# changer soi même la carte mère d'un Imac Intel Core Duo ?



## RICOOL (2 Juillet 2013)

Bonjour, 

Cela vaut'il le coup changer soi même la carte mère d'un Imac Intel Core Duo de 2006 ?

Le réparateur m'a annoncé la nouvelle et visiblement même lui ça lui semble ... peut etre pas rentable ? mais est ce possible et cher et rentable ou ... poubelle ? 

Merci


----------



## Invité (2 Juillet 2013)

Ben, ça dépend à combien tu touche la CM ! 
Pis, faut être sûr que c'est bien le problème


----------



## RICOOL (2 Juillet 2013)

Bah d'après les mecs de chez degriff'mac qui m'ont fait un devis c'est visiblement le cas ... quand aux tarifs de la carte mère j'avoue que je ne les connais pas et n' connais pas grand chose mais j'ai trouvé ça  ...

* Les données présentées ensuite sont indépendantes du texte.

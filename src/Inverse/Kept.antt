-- ===== src/Inverse/Kept.antt =====
-- What the moving of a cluster relies on.
use libllfat.Prelude.{
  ℕ, zero, suc, ◌≤◌, ◌<◌, ◌≡◌, ◌≢◌, refl, ap, sym, ◌∙◌, arith, true, false, ◌==◌, if◌then◌else◌,
  List, [], ◌∷◌, length, set, Bool-cases, inl, inr, get_or-set,
}
use libllfat.Prelude.Int.{ℤ, pos, negsuc, pos_part, eqb_ℤ}
use libllfat.Table.Next.{fat_unused}
use libllfat.Table.Chains.{IsNext}
use libllfat.Reference.Target.{Reference, entry, chain}
use libllfat.Reference.Move.{follow}
use libllfat.Reference.Renames.{rename}
use libllfat.Reference.Moved.{IsMovable}
use libllfat.Inverse.Slots.{Slot, slot, void}
use libllfat.Inverse.Moves.{follow_all}
use libllfat.Inverse.Renamed.{IsInverse, rename_reference, chain-injective}

pub eqb_ℤ-true : (w : ℤ) (n : ℕ) → eqb_ℤ w (pos n) ≡ true → w ≡ pos n
eqb_ℤ-true (pos m) n e = ap pos (ground (arith, e))
eqb_ℤ-true (negsuc m) n e = absurd (ground (arith, e))

pub eqb_ℤ-false : (w : ℤ) (n : ℕ) → w ≢ pos n → eqb_ℤ w (pos n) ≡ false
eqb_ℤ-false w n ne = elim (Bool-cases (eqb_ℤ w (pos n))) [
  | inl e ↦ absurd (ne (eqb_ℤ-true w n e))
  | inr e ↦ e
]

pub IsNext-le : (last : ℕ) (w : ℤ) (k : ℕ) → IsNext last w → w ≡ pos k → k ≤ last
IsNext-le last w k (inl (n, at, hi)) e = omega (arith, hi, ap pos_part (sym at ∙ e))
IsNext-le last w k (inr (inl at)) e = absurd (ground (arith, sym at ∙ e))
IsNext-le last w k (inr (inr at)) e = absurd (ground (arith, sym at ∙ e))

pub rename-other : (a b : ℕ) (w : ℤ) → w ≢ pos a → w ≢ pos b → rename a b w ≡ w
rename-other a b (negsuc n) na nb = refl
rename-other a b (pos n) na nb =
    let not_a : n ≢ a = λ e. na (ap pos e) in
    let not_b : n ≢ b = λ e. nb (ap pos e) in ap pos (ground (arith, not_a, not_b))

pub length-follow_all : (a b : ℕ) (rev : List Slot) → length (follow_all a b rev) ≡ length rev
unfolding follow_all
length-follow_all a b [] = refl
length-follow_all a b (s ∷ rev) = ap suc (length-follow_all a b rev)

pub slot-follow_all :
    (a b : ℕ) (rev : List Slot) (s : ℕ)
    → slot (follow_all a b rev) s
      ≡ record { reference = follow a b (slot rev s).reference; isdir = (slot rev s).isdir }
unfolding follow_all
slot-follow_all a b [] s = refl
slot-follow_all a b (x ∷ rev) zero = refl
slot-follow_all a b (x ∷ rev) (suc s) = slot-follow_all a b rev s

pub slot-set :
    (rev : List Slot) (n : ℕ) (x : Slot) (s : ℕ)
    → n < length rev
    → slot (set rev n x) s ≡ (if n == s then x else slot rev s)
slot-set rev n x s inside = ground (arith, get_or-set rev n s x void)

pub follow-rename :
    (a b : ℕ) (r : Reference)
    → ((q : ℕ) → r ≡ chain (pos q) → (q ≢ a) × (q ≢ b))
    → follow a b r ≡ rename_reference a b r
follow-rename a b (entry d i) h = refl
follow-rename a b (chain (negsuc n)) h = refl
follow-rename a b (chain (pos n)) h =
    let (na, nb) = h n refl in ap (λ (k : ℕ). chain (pos k)) (ground (arith, na, nb))

-- The cluster `c` has the cluster `p` as its reference, in use, and `t` is free and has none.
pub record IsMoved (last : ℕ) (v : ℕ → ℤ) (rev : List Slot) (p c t : ℕ) : Type 0 where
  pub p_lo : 2 ≤ p
  pub c_lo : 2 ≤ c
  pub c_hi : c ≤ last
  pub t_lo : 2 ≤ t
  pub t_hi : t ≤ last
  pub at : (slot rev c).reference ≡ chain (pos p)
  pub free : v t ≡ fat_unused
  pub unreferred : (slot rev t).reference ≡ chain (pos 0)
  pub in_use : v c ≢ fat_unused
  pub straight : p ≢ c

module _ (last : ℕ) (v : ℕ → ℤ) (rev : List Slot) (p c t : ℕ) (inverse : IsInverse last v rev)
    (m : IsMoved last v rev p c t) where
  -- What the inverse tells about the references, the move relies on.
  pub movable : IsMovable last v p c t
  movable =
      let (p_hi, at) = inverse.back c p (omega (arith, m.c_lo)) m.c_hi m.at m.p_lo in
      record {
        p_lo = m.p_lo;
        p_hi = p_hi;
        c_lo = m.c_lo;
        c_hi = m.c_hi;
        t_lo = m.t_lo;
        t_hi = m.t_hi;
        at = at;
        free = m.free;
        in_use = m.in_use;
        next_is = inverse.nexts c m.c_lo m.c_hi;
        alone = λ k lo hi ne e.
            ne (
              chain-injective k p
                (sym (inverse.points k c lo hi (omega (arith, m.c_lo)) e) ∙ m.at));
        unreferred = λ k lo hi e.
            let zeroth =
              chain-injective k 0
                (sym (inverse.points k t lo hi (omega (arith, m.t_lo)) e) ∙ m.unreferred) in
            absurd (omega (arith, zeroth));
        straight = m.straight;
      }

http://www.prixmoinscher.com/cartesmeres/products__keyword--carte+mere+core+2+duo.html

je ne sais pas laquelle choisir et la fourchette est large


----------



## Invité (2 Juillet 2013)

Ben tu choisis ce qui correspond à ton modèle.
Je ne vais pas regarder les nombreuses pages de PC à ta place !


----------